Yay, Marti!  Glad you were able to get it resolved!

Betsy


----------



## Sandpiper

mlewis78 said:


> i called Amazon this afternoon and resolved it. They had me disconnect and connect, but it still wasn't playing laptop content through my Echo. I just wasn't up to speed with how to control speakers on my laptop. Had to go to the speaker icon and bring up a box that had both the Echo and the laptop speakers listed but the laptop speaker (don't recall what they called it) was checked off. While Amazon help did not advise me to disable the laptop speaker, I did that while we were on the phone and it worked. Then the Echo was checkmarked and voila.


Have to do that too on my MacBook Pro when I play music / sound through Kinivo laptop speaker which plugs into USB port.


----------



## Betsy the Quilter

In the main Amazon Echo thread, Andra let us know that you can now access your Google calendar with your Echo. I tried it out and wanted to share.

Go to your Settings, and then Calendar Services:









Link your Google account (you need to already have a Google account). 









If you have more than one Google account, like I do, you'll be asked to pick the one you want to connect and then see this screen:










Click "accept."

It works well. I tested it by adding and event and it read off items on my calendar for a specific day I asked about and for my events over the next week. You can ask:

*Alexa, when is my next event.

Alexa, what's on my calendar?

Alexa, what's on my calendar tomorrow at 9PM?

Alexa, what's on my calendar on Saturday?*

Betsy


----------



## Ann in Arlington

Bufo Calvin shared a trick to send messages using this feature . . . . agree on a specific time and the person at home can ask what's happening then. If the person away from home, with the app, has created an event at that time, it'll read it off. So Betsy could create an event for 5:43 that says, "Fred, start the spaghetti water boiling at 5 p.m."  Fred asks what's on at 5:43 and gets the message about starting the water boiling.


----------



## Betsy the Quilter

That's kinda cool...though I had to read it twice to figure out what the tip was.   (Not your writing, just wrapping my mind around it.)

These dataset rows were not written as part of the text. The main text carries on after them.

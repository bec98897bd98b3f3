-- ===== src/Orswot.antt =====
-- The observed-remove set without tombstones: `OrSWotSet` and its `NodeVersions`
-- (datacake-crdt/src/orswot.rs).
--
-- `[BTreeMap<u8, HLCTimestamp>; N]` is a list of N maps. `none` stands for the panic of an index
-- beyond N, which is the only panic of these operations.
pub mod Versions
pub mod Set
pub mod Diff
pub mod Merge
pub mod Slot
pub mod Updates
pub mod Observed
pub mod Replica
pub mod Convergence
pub mod MergeView
pub mod MergeValid
pub mod MergeLoops
pub mod MergeSlots
pub mod MergeLaws
pub mod Purge
pub mod Safety
pub mod SafeUpdates
pub mod SafeMerge
pub mod Changes
pub mod WillApply
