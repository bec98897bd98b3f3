-- ===== src/Orswot/MergeLaws.antt =====
-- Replicas that merge each other, and themselves (datacake-crdt/src/orswot.rs).
use datacake.Base.{◌≡◌, refl, sym, ◌∙◌, false, arith}
use datacake.Orswot.Versions.{NodeVersions, is_ts_before_last_observed_event}
use datacake.Orswot.Set.{Key, OrSWotSet}
use datacake.Orswot.Slot.{Slot, absent, alive, deleted, slot, join, join_comm, IsValid}
use datacake.Orswot.Merge.{merge}
use datacake.Orswot.MergeSlots.{accepted_slot, kept_slot, slot-merge}

-- The versions have not passed what the slot says.
abbrev pub NotPassed : NodeVersions → Slot → Type 0
NotPassed v absent = Unit
NotPassed v (alive t) = is_ts_before_last_observed_event t v ≡ false
NotPassed v (deleted d) = is_ts_before_last_observed_event d v ≡ false

all_kept :
    (v w : NodeVersions) (x y : Slot)
    → NotPassed w x
    → NotPassed v y
    → join (kept_slot w x y) (accepted_slot v y) ≡ join x y
all_kept v w absent absent p q = refl
all_kept v w absent (alive u) p q = refl
all_kept v w absent (deleted e) p q = rw q
all_kept v w (alive t) absent p q = rw p
all_kept v w (alive t) (alive u) p q = refl
all_kept v w (alive t) (deleted e) p q = rw (p, q)
all_kept v w (deleted d) absent p q = refl
all_kept v w (deleted d) (alive u) p q = refl
all_kept v w (deleted d) (deleted e) p q = rw q

-- Where neither side's versions have passed what the other says of a key, the merged slot is the
-- later of the two, and it is the same whichever replica merges.
pub merge_comm :
    (s o : OrSWotSet) (k : Key)
    → IsValid s
    → IsValid o
    → NotPassed o.versions (slot k s)
    → NotPassed s.versions (slot k o)
    → (slot k (merge s o) ≡ join (slot k s) (slot k o)) × (slot k (merge s o) ≡ slot k (merge o s))
merge_comm s o k v w p q =
    let here = slot-merge s o k v w ∙ all_kept s.versions o.versions (slot k s) (slot k o) p q in
    let there = slot-merge o s k w v ∙ all_kept o.versions s.versions (slot k o) (slot k s) q p in
    (here, here ∙ join_comm (slot k s) (slot k o) ∙ sym there)

kept_self : (v : NodeVersions) (x : Slot) → join (kept_slot v x x) (accepted_slot v x) ≡ x
unfolding join
kept_self v absent = refl
kept_self v (alive t) = ground arith
kept_self v (deleted d) = ground arith

-- A merge with itself changes no slot, whatever has been observed.
pub merge_self : (s : OrSWotSet) (k : Key) → IsValid s → slot k (merge s s) ≡ slot k s
merge_self s k v = slot-merge s s k v v ∙ kept_self s.versions (slot k s)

Trying to decide if it would work with Fred....probably voice mail is better.  

Betsy


----------



## Ann in Arlington

Betsy the Quilter said:


> That's kinda cool...though I had to read it twice to figure out what the tip was.  (Not your writing, just wrapping my mind around it.)
> 
> Trying to decide if it would work with Fred....probably voice mail is better.
> 
> Betsy


Yeah . . . I had to read it from him a couple of times . . . . . I guess the key is to pick an easily remembered time and the person at home just has to remember to ask about it. Probably more than once a day because the person NOT at home may not have made an event by 19 a.m. but may have done so by 3 p.m. Might be good if one person was away from home for several days . . . .

BUT . . . you apparently can't MAKE the appointment by voice with your phone. . . . so it might be just as easy to call and say, "Fred, put on the spaghetti water" when you want him to do it.


----------



## Betsy the Quilter

Ann in Arlington said:


> Yeah . . . I had to read it from him a couple of times . . . . . I guess the key is to pick an easily remembered time and the person at home just has to remember to ask about it. Probably more than once a day because the person NOT at home may not have made an event by 19 a.m. but may have done so by 3 p.m. Might be good if one person was away from home for several days . . . .
> 
> BUT . . . you apparently can't MAKE the appointment by voice with your phone. . . . so it might be just as easy to call and say, "Fred, put on the spaghetti water" when you want him to do it.


Well, if it's just reading an appointment from your Google calendar, there's no reason why you couldn't do that by voice on your phone; that's a capability outside the Echo. And once it's on your Google calendar, the Echo should be able to find it. Off to test...

Betsy


----------



## Ann in Arlington

Betsy the Quilter said:


> Well, if it's just reading an appointment from your Google calendar, there's no reason why you couldn't do that by voice on your phone; that's a capability outside the Echo. And once it's on your Google calendar, the Echo should be able to find it. Off to test...
> 
> Betsy


I'm just repeating what Bufo said . . . here's the blog post: https://ilmk.wordpress.com/2015/05/29/echo-now-connects-to-google-calendar/ I might have misunderstood . . . I think he was talking about telling the echo to add something to the calendar and having it do it.


----------



## Betsy the Quilter

Ann in Arlington said:


> I'm just repeating what Bufo said . . . here's the blog post: https://ilmk.wordpress.com/2015/05/29/echo-now-connects-to-google-calendar/ I might have misunderstood . . . I think he was talking about telling the echo to add something to the calendar and having it do it.


Yeah, that makes sense... Thanks for the link!

Betsy


----------



## RChamltn

Hi -
Since everyone here seems interested in sources for Echo tips, tricks, news and how-tos, I wanted to share my Love My Echo site. I won't spam the thread with a link, but if you Google for the site name you will find it.

Just so I'm not promoting without giving something back, I'll share some of those 'Easter Egg' things you can ask your Echo to get a funny or unexpected reply. Stupid Alexa Tricks: Literary Edition

*Alexa Knows Her Shakespeare!*

"Alexa: Romeo, Romeo, wherefore art thou, Romeo?"

"Alexa: To be, or not to be?"

"Alexa: What's in a name?"

*&#8230;And Her Fairytales & Kid Lit*

"Alexa: Mirror, mirror on the wall, who's the fairest one of all?"

"Alexa: How is a raven like a writing desk?"

"Alexa: Do you know the Muffin Man?"

"Alexa: Who is the Pumpkin King?"


----------